Why is he returning her?


----------



## dmak (Jul 25, 2012)

I'm moving to Slc, ut in 6 weeks and am looking to get another gundog. If she's around in the end of may/ beginning of June, I'd be happy to give her her a home.


----------



## VbarK Vizslas (Jan 31, 2012)

He is returning her due to them moving to the city & no time to take her out for runs. They lived on a big farm. Says she has been going crazy last couple of weeks because of the moving and no V time. Says she is an excellent hunter will point to quail & if they flush she will herd them back towards him. We are picking her up Sunday.


----------



## zigzag (Oct 4, 2011)

What is the pedigree/genitic history of this dog? I know a Vizsla owner close friend looking for started dog right now. This may work for him.


----------



## zigzag (Oct 4, 2011)

Where in the Pacific Northwest is the dog? We are in Portland OR


----------



## giandaliajr (Nov 24, 2012)

My dad is actually looking for a dog right now, he was avoiding getting a young puppy so this might work out great.
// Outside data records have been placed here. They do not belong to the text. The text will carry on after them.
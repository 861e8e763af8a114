-- ===== src/Ql/Range.antt =====
-- src/ql/ql_range.cpp: the range of one key that a filter allows.
pub mod Collect
pub mod Bound
pub mod Sound
use sqldb.Base.{
  ℕ, zero, suc, ◌+◌, ◌*◌, Ordering, Bool, true, false, ◌&&◌, ◌||◌, not as not_bool, List, [], ◌∷◌,
  ◌++◌, Option, none, some, Bytes, bytes_eq, bytes_less, take, get_elem?, ltb, ◌==◌, if◌then◌else◌,
  ok, stop,
}
use sqldb.Catalog.Value.{Value, error, blank, type_eq}
use sqldb.Catalog.Record.{Record, empty}
use sqldb.Catalog.TableDef.{TableDef, key_cols}
use sqldb.Catalog.Schema.{col_index, is_nonempty}
use sqldb.Encoding.Order.{int_order}
use sqldb.Storage.Cmp.{Cmp, cmp_ge, cmp_gt, cmp_lt, cmp_le}
use sqldb.Ql.Ast.{
  QlNodeType, QlNode, QlNodes, node, nil, cons, tag, uninit, sym, ge, gt, lt, le, eq, and,
}
use sqldb.Ql.Eval.{ql_eval, is_int}

pub record ColBound : Type 0 where
  pub has_eq : Bool
  pub has_lo : Bool
  pub has_hi : Bool
  pub lo_open : Bool
  pub hi_open : Bool
  pub eq_val : Value
  pub lo : Value
  pub hi : Value

abbrev pub no_bound : ColBound
no_bound = record {
  has_eq = false;
  has_lo = false;
  has_hi = false;
  lo_open = false;
  hi_open = false;
  eq_val = blank error;
  lo = blank error;
  hi = blank error;
}

-- std::map<std::string, ColBound>; nothing depends on its order.
abbrev pub Bounds : Type 0
Bounds = List (Bytes × ColBound)

unfoldable pub find : Bytes → Bounds → Option ColBound
find col [] = none
find col ((c, b) ∷ bounds) = let later = find col bounds in if bytes_eq c col then some b else later

-- `ColBound& b = (*out)[col]` and an update of b.
unfoldable pub modify : Bytes → (ColBound → ColBound) → Bounds → Bounds
modify col f [] = (col, f no_bound) ∷ []
modify col f ((c, b) ∷ bounds) =
    let later = modify col f bounds in if bytes_eq c col then (c, f b) ∷ bounds else (c, b) ∷ later

abbrev is_less : Ordering → Bool
is_less Ordering.lt = true
is_less _ = false

unfoldable pub value_less : Value → Value → Bool
value_less a b = if is_int a then is_less (int_order a.int64 b.int64) else bytes_less a.str b.str

unfoldable pub flip : QlNodeType → QlNodeType
flip lt = gt
flip le = ge
flip gt = lt
flip ge = le
flip t = t

unfoldable pub is_comparison : QlNodeType → Bool
is_comparison eq = true
is_comparison lt = true
is_comparison le = true
is_comparison gt = true
is_comparison ge = true
is_comparison _ = false

-- The switch of add_bound.
unfoldable pub tighten_lo : Bool → Value → ColBound → ColBound
tighten_lo open' v b =
    if not_bool b.has_lo || value_less b.lo v
    then record b { has_lo = true; lo_open = open'; lo = v }
    else b

unfoldable pub tighten_hi : Bool → Value → ColBound → ColBound
tighten_hi open' v b =
    if not_bool b.has_hi || value_less v b.hi
    then record b { has_hi = true; hi_open = open'; hi = v }
    else b

unfoldable pub tighten : QlNodeType → Value → ColBound → ColBound
unfolding tighten_lo tighten_hi
tighten eq v b = if b.has_eq then b else record b { has_eq = true; eq_val = v }
tighten gt v b = tighten_lo true v b
tighten ge v b = tighten_lo false v b
tighten lt v b = tighten_hi true v b
tighten le v b = tighten_hi false v b
tighten _ v b = b

unfoldable pub add_bound : QlNodeType → Bytes → Value → Bounds → Bounds
add_bound op col v out = modify col (tighten op v) out

-- `types[at]`: table_def_check has made the vectors parallel.
unfoldable pub constant_bound : QlNodeType → Bytes → QlNode → ℕ → TableDef → Bounds → Bounds
constant_bound op col val at d out = elim (ql_eval val empty) [
  | ok v ↦ elim (get_elem? d.types at) [
    | none ↦ out
    | some t ↦ if type_eq v.type t then add_bound op col v out else out
  ]
  | stop e ↦ out
]

-- The rest of collect, once the column is on the left.
unfoldable pub collect_sym : QlNodeType → QlNode → QlNode → TableDef → Bounds → Bounds
collect_sym op (node t s kids) val d out = elim (col_index d s.str) [
  | none ↦ out
  | some at ↦ constant_bound op s.str val at d out
]

abbrev pub is_sym : QlNode → Bool
is_sym (node sym v kids) = true
is_sym (node t v kids) = false

unfoldable pub collect_comparison : QlNodeType → QlNode → QlNode → TableDef → Bounds → Bounds
collect_comparison op lhs rhs d out =
    if is_sym lhs
    then collect_sym op lhs rhs d out
    else if is_sym rhs
    then collect_sym (flip op) rhs lhs d out
    else out

-- A node of these tags has two kids.
unfoldable pub collect : QlNode → TableDef → Bounds → Bounds
collect (node and v (cons lhs (cons rhs kids))) d out = collect rhs d (collect lhs d out)
collect (node t v (cons lhs (cons rhs kids))) d out =
    if is_comparison t then collect_comparison t lhs rhs d out else out
collect _ d out = out

pub record Fit : Type 0 where
  pub eq_cols : ℕ
  pub range : Bool

unfoldable pub score : Fit → ℕ
score f = f.eq_cols * 2 + (if f.range then 1 else 0)

abbrev pub bound_eq : Option ColBound → Bool
bound_eq none = false
bound_eq (some b) = b.has_eq

abbrev pub bound_range : Option ColBound → Bool
bound_range none = false
bound_range (some b) = b.has_lo || b.has_hi

unfoldable pub fit_cols : List Bytes → Bounds → Fit
fit_cols [] bounds = record { eq_cols = 0; range = false }
fit_cols (c ∷ cols) bounds =
    let rest = fit_cols cols bounds in
    if bound_eq (find c bounds)
    then record { eq_cols = suc rest.eq_cols; range = rest.range }
    else record { eq_cols = 0; range = bound_range (find c bounds) }

pub record Best : Type 0 where
  pub cols : List Bytes
  pub fit : Fit
  pub is_pk : Bool

-- One round of the loop over the indexes: a tie keeps the earlier choice.
unfoldable pub better : List Bytes → Bounds → Best → Best
better index bounds best =
    if ltb (score best.fit) (score (fit_cols index bounds))
    then record { cols = index; fit = fit_cols index bounds; is_pk = false }
    else best

unfoldable pub choose : List (List Bytes) → Bounds → Best → Best
choose [] bounds best = best
choose (index ∷ indexes) bounds best = choose indexes bounds (better index bounds best)

pub record QlRange : Type 0 where
  pub cmp1 : Cmp
  pub cmp2 : Cmp
  pub key1 : Record
  pub key2 : Record

abbrev pub full_range : QlRange
unfolding empty
full_range = record { cmp1 = cmp_ge; cmp2 = cmp_le; key1 = empty; key2 = empty }

-- bounds.at(col), for a column that has a bound.
abbrev pub bound_at : Bytes → Bounds → ColBound
bound_at col bounds = elim (find col bounds) [ none ↦ no_bound | some b ↦ b ]

abbrev pub push : Bytes → Value → Record → Record
push col v r = record { cols = r.cols ++ col ∷ []; vals = r.vals ++ v ∷ [] }

unfoldable pub push_range : Bytes → ColBound → QlRange → QlRange
push_range col b r = record {
  cmp1 = if b.has_lo then (if b.lo_open then cmp_gt else cmp_ge) else r.cmp1;
  cmp2 = if b.has_hi then (if b.hi_open then cmp_lt else cmp_le) else r.cmp2;
  key1 = if b.has_lo then push col b.lo r.key1 else r.key1;
  key2 = if b.has_hi then push col b.hi r.key2 else r.key2;
}

-- The two loops that fill the keys, over the columns of the best key.
unfoldable pub push_keys : Fit → List Bytes → Bounds → QlRange → QlRange
push_keys f [] bounds r = r
push_keys f (c ∷ cols) bounds r = elim f.eq_cols [
  | zero ↦ if f.range then push_range c (bound_at c bounds) r else r
  | suc n ↦
      push_keys (record f { eq_cols = n }) cols bounds
        (record r {
          key1 = push c (bound_at c bounds).eq_val r.key1;
          key2 = push c (bound_at c bounds).eq_val r.key2;
        })
]

unfoldable pub range_of_best : Best → Bounds → QlRange
range_of_best best bounds =
    let out = push_keys best.fit best.cols bounds full_range in
    if score best.fit == 0
    then full_range
    else if not_bool (is_nonempty out.key1.cols) && not_bool best.is_pk
    then full_range
    else out

unfoldable pub range_of_bounds : Bounds → TableDef → QlRange
range_of_bounds bounds d =
    let pk : Best = record {
      cols = key_cols d;
      fit = fit_cols (key_cols d) bounds;
      is_pk = true;
    } in
    if is_nonempty bounds then range_of_best (choose d.indexes bounds pk) bounds else full_range

unfoldable pub ql_range : QlNode → TableDef → QlRange
ql_range (node uninit v kids) d = full_range
ql_range filter d = range_of_bounds (collect filter d []) d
Location and general health over his first year would be helpful.


----------



## mrbnichols (Mar 22, 2012)

Vbark,
I am interested, But would possibly have to fly her to me as I am in ND. Let me know if your willing to do that.


----------



## VbarK Vizslas (Jan 31, 2012)

Sweetie is in Herminston. Those who are interested email me [email protected]. I will send pics of mother father and pedigrees of mother father. I would love to find her a home before I have to bring her here. I feel one transition would be better than multiple. She has had no health issues. She just finished her first heat. She was whelped November 18, 2011. I have mother and full brother to her


----------



## VbarK Vizslas (Jan 31, 2012)

Here are the pics of Sweetie.


----------



## mswhipple (Mar 7, 2011)

Sweetie is beautiful!! Hope she finds the great home she deserves soon...


----------



## VbarK Vizslas (Jan 31, 2012)

Thanks to all who were interested in Sweetie. She is going to be picked up today. She will only have one transition which I was very concerned about. We almost lost a little dog who went thru multiple transitions before us. He is going to keep us posted on how she does. Again thank you for this wonderful community & support.


----------



## DaveD (Oct 6, 2012)

Good luck Sweetie!


----------



## zigzag (Oct 4, 2011)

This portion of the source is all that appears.